Databricks has also written some details in the article Streaming with File Sink: Problems with recovery if you change checkpoint or output directories
Error caused by checkpointLocation because checkpointLocation stores old or deleted data information. You just need to delete the folder containing checkpointLocation.
Explore more :https://kb.databricks.com/streaming/file-sink-streaming.html
Example :
df.writeStream
.format("parquet")
.outputMode("append")
.option("checkpointLocation", "D:/path/dir/checkpointLocation")
.option("path", "D:/path/dir/output")
.trigger(Trigger.ProcessingTime("5 seconds"))
.start()
.awaitTermination()
You need to do delete directory checkpointLocation.
This article introduces the mechanism and gives a good way to recover from a deleted _spark_metadata folder in Spark Structured Streaming:
https://dev.to/kevinwallimann/how-to-recover-from-a-deleted-sparkmetadata-folder-546j
"Create dummy log files:
If the metadata log files are irrecoverable, we could create dummy log files for the missing micro-batches.

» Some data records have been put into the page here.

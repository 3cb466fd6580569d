-- ===== src/IniReader/Lookup.antt =====
-- The value that `Get` of src/cIniReader.cpp finds for a key after a whole file is read: the last
-- assignment to the key below a header of its section.
use pquery.Prelude.{
  Bool, true, false, ◌&&◌, List, [], ◌∷◌, ◌≡◌, inl, inr, refl, sym, ap, subst, ◌∙◌, Option, none,
  some, arith, if◌then◌else◌, Bytes, equal, equal_iff, lookup, assign, lookup-assign, get_lines,
  Bool-cases,
}
use pquery.IniReader.Reader.{
  Reading, Configuration, Entries, entries_of, assign_value, malformed, read_assignment, read_line,
  read_lines, initial, ini_reader, or_default, get_entry, get,
}
use pquery.IniReader.Syntax.{SectionLine, CommentLine, KeyValueLine}
use pquery.IniReader.Meaning.{
  Meaning, Means, blank, comment, section_line, key_value, malformed_line, counted,
  line_has_meaning, read_line-Means, section_is_content, key_value_not_blank,
}
use pquery.IniReader.Assignments.{try_parse_key_value_iff}

pub record Assigns (line key value : Bytes) : Type 0 where
  pub not_comment : ¬ CommentLine line
  pub no_section : (name : Bytes) → ¬ SectionLine line name
  pub assigned : KeyValueLine line key value

-- The value of a key of a section, from the value in front of the lines to that behind them. The
-- first argument is the section that the lines stand in.
pub data Value (section key : Bytes)
    : Bytes → List Bytes → Option Bytes → Option Bytes → Type 0 where
  done : {current : Bytes} {value : Option Bytes} → Value section key current [] value value
  entering :
      {current line name : Bytes} {lines : List Bytes} {old new : Option Bytes}
      → SectionLine line name
      → Value section key name lines old new
      → Value section key current (line ∷ lines) old new
  assigning :
      {line value : Bytes} {lines : List Bytes} {old new : Option Bytes}
      → Assigns line key value
      → Value section key section lines (some value) new
      → Value section key section (line ∷ lines) old new
  passing :
      {current line : Bytes} {lines : List Bytes} {old new : Option Bytes}
      → ((name : Bytes) → ¬ SectionLine line name)
      → (current ≡ section → (value : Bytes) → ¬ Assigns line key value)
      → Value section key current lines old new
      → Value section key current (line ∷ lines) old new

-- What the map holds.
abbrev pub find : Bytes → Bytes → Configuration → Option Bytes
find section key map = lookup key (entries_of (lookup section map))

entries_of_if :
    (b : Bool) (m : Entries) (o : Option Entries)
    → entries_of (if b then some m else o) ≡ (if b then m else entries_of o)
entries_of_if true m o = refl
entries_of_if false m o = refl

pub find-assign_value :
    (s k v section key : Bytes) (map : Configuration)
    → find section key (assign_value s k v map)
      ≡ (if equal s section && equal k key then some v else find section key map)
unfolding assign_value
find-assign_value s k v section key map =
    let inner = assign k v (entries_of (lookup s map)) in
    rw
      (
        lookup-assign s section inner map,
        entries_of_if (equal s section) inner (lookup section map),
      )
      (elim (Bool-cases (equal s section)) [
        | inl e ↦
            rw (e, lookup-assign k key v (entries_of (lookup s map)), (equal_iff s section).0 e)
              refl
        | inr e ↦ rw (e) refl
      ])

get_entry-or_default :
    (key default_value : Bytes) (o : Option Entries)
    → get_entry key default_value o ≡ or_default default_value (lookup key (entries_of o))
unfolding lookup
get_entry-or_default key default_value none = refl
get_entry-or_default key default_value (some entries) = refl

pub get-find :
    (r : Reading) (section key default_value : Bytes)
    → get r.reader section key default_value
      ≡ or_default default_value (find section key r.reader.map)
unfolding get
get-find r section key default_value = get_entry-or_default key default_value _

-- What a line does to the value of a key.
data ValueStep (section key line : Bytes) (r : Reading) : Type 0 where
  enters :
      {name : Bytes}
      → SectionLine line name
      → (read_line line r).current_section ≡ name
      → (read_line line r).reader.map ≡ r.reader.map
      → ValueStep section key line r
  assigns :
      {value : Bytes}
      → Assigns line key value
      → r.current_section ≡ section
      → (read_line line r).current_section ≡ r.current_section
      → find section key (read_line line r).reader.map ≡ some value
      → ValueStep section key line r
  passes :
      ((name : Bytes) → ¬ SectionLine line name)
      → (r.current_section ≡ section → (value : Bytes) → ¬ Assigns line key value)
      → (read_line line r).current_section ≡ r.current_section
      → find section key (read_line line r).reader.map ≡ find section key r.reader.map
      → ValueStep section key line r

-- A line that is no assignment and no section.
idle :
    (section key line : Bytes) (r q : Reading)
    → ((name : Bytes) → ¬ SectionLine line name)
    → ((value : Bytes) → ¬ Assigns line key value)
    → read_line line r ≡ q
    → q.current_section ≡ r.current_section
    → q.reader.map ≡ r.reader.map
    → ValueStep section key line r
idle section key line r q n a e c m =
    passes n (λ _. a) (ap (λ x. x.current_section) e ∙ c)
      (ap (λ x. find section key x.reader.map) e ∙ ap (find section key) m)

some_key : {p q : Bytes × Bytes} → some p ≡ some q → p.0 ≡ q.0
some_key {p} {q} h = cc

assigned_key :
    (line : Bytes) {key value k v : Bytes}
    → KeyValueLine line k v
    → KeyValueLine line key value
    → k ≡ key
assigned_key line {key} {value} {k} {v} l h =
    some_key
      (sym ((try_parse_key_value_iff line k v).1 l) ∙ (try_parse_key_value_iff line key value).1 h)

key_value-ValueStep :
    (section key line : Bytes) (r : Reading) {k v : Bytes}
    → (a : Assigns line k v) → ValueStep section key line r
unfolding read_assignment
key_value-ValueStep section key line r {k} {v} a =
    let e = read_line-Means line r (key_value a.not_comment a.no_section a.assigned) in
    let m =
      ap (λ x. find section key x.reader.map) e
      ∙ find-assign_value r.current_section k v section key r.reader.map in
    let c = ap (λ x. x.current_section) e in
    elim (Bool-cases (equal r.current_section section && equal k key)) [
      | inl h ↦
          let same : k ≡ key = (equal_iff k key).0 (ground arith) in
          assigns (subst (λ x. Assigns line x v) same a) ((equal_iff _ section).0 (ground arith)) c
            (m ∙ rw (h) refl)
      | inr h ↦
          passes a.no_section
            (λ s value b.
              let k1 = (equal_iff _ section).1 s in
              let k2 = (equal_iff k key).1 (assigned_key line a.assigned b.assigned) in
              ground arith)
            c (m ∙ rw (h) refl)
    ]

Means-ValueStep :
    (section key line : Bytes) (r : Reading) {m : Meaning}
    → Means line m
    → ValueStep section key line r
unfolding malformed
Means-ValueStep section key line r (blank h) =
    idle section key line r (counted r) (λ name l. (section_is_content line l).0 h)
      (λ value a. key_value_not_blank line key a.assigned h) (read_line-Means line r (blank h)) refl
      refl
Means-ValueStep section key line r (comment c) =
    idle section key line r (counted r) (λ name l. (section_is_content line l).1 c)
      (λ value a. a.not_comment c) (read_line-Means line r (comment c)) refl refl
Means-ValueStep section key line r (section_line l) =
    enters l (ap (λ x. x.current_section) (read_line-Means line r (section_line l)))
      (ap (λ x. x.reader.map) (read_line-Means line r (section_line l)))
Means-ValueStep section key line r (key_value c n l) =
    key_value-ValueStep section key line r
      (record { not_comment = c; no_section = n; assigned = l })
Means-ValueStep section key line r (malformed_line b) =
    idle section key line r (malformed (counted r)) b.no_section
      (λ value a. b.no_assignment key value a.assigned) (read_line-Means line r (malformed_line b))
      (ground arith) (ground arith)

read_lines-Value :
    (section key : Bytes) (lines : List Bytes) (r : Reading)
    → Value section key r.current_section lines
        (find section key r.reader.map)
        (find section key (read_lines lines r).reader.map)
unfolding read_lines
read_lines-Value section key [] r = done
read_lines-Value section key (line ∷ lines) r =
    let rest = read_lines-Value section key lines (read_line line r) in
    let new = find section key (read_lines lines (read_line line r)).reader.map in
    let map = (read_line line r).reader.map in
    elim (Means-ValueStep section key line r (line_has_meaning line).1) [
      | enters {name} l c m ↦ entering l (
          subst (λ s. Value section key s lines (find section key r.reader.map) new) c
            (subst (λ x. Value section key (read_line line r).current_section lines x new)
              (ap (find section key) m) rest))
      | assigns {value} a s c f ↦
          subst (λ x. Value section key x (line ∷ lines) (find section key r.reader.map) new)
            (sym s)
            (assigning a (
              subst (λ x. Value section key x lines (some value) new) (c ∙ s)
                (subst (λ x. Value section key (read_line line r).current_section lines x new) f
                  rest)))
      | passes n a c f ↦ passing n a (
          subst (λ x. Value section key x lines (find section key r.reader.map) new) c
            (subst (λ x. Value section key (read_line line r).current_section lines x new) f rest))
    ]

-- `Get` gives the value of the last assignment to the key below a header of the section, or the
-- default where there is none or it is empty.
pub get-Value :
    (content section key default_value : Bytes)
    → (value : Option Bytes) × Value section key [] (get_lines content) none value
      × (get (ini_reader (some content)) section key default_value ≡ or_default default_value value)
unfolding ini_reader lookup
get-Value content section key default_value =
    let r = read_lines (get_lines content) initial in
    (
      find section key r.reader.map,
      read_lines-Value section key (get_lines content) initial,
      get-find r section key default_value,
    )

In our example, this could be done like this:
for i in {0..1}; do echo v1 > "/tmp/destination/_spark_metadata/$i"; done
This will create the files
/tmp/destination/_spark_metadata/0
/tmp/destination/_spark_metadata/1
Now, the query can be restarted and should finish without errors."
As my previous output folder was not recoverable anymore. I tried this dummy solution, which could work to get rid of the IllegalStateException: _spark_metadata/... doesn't exist exception.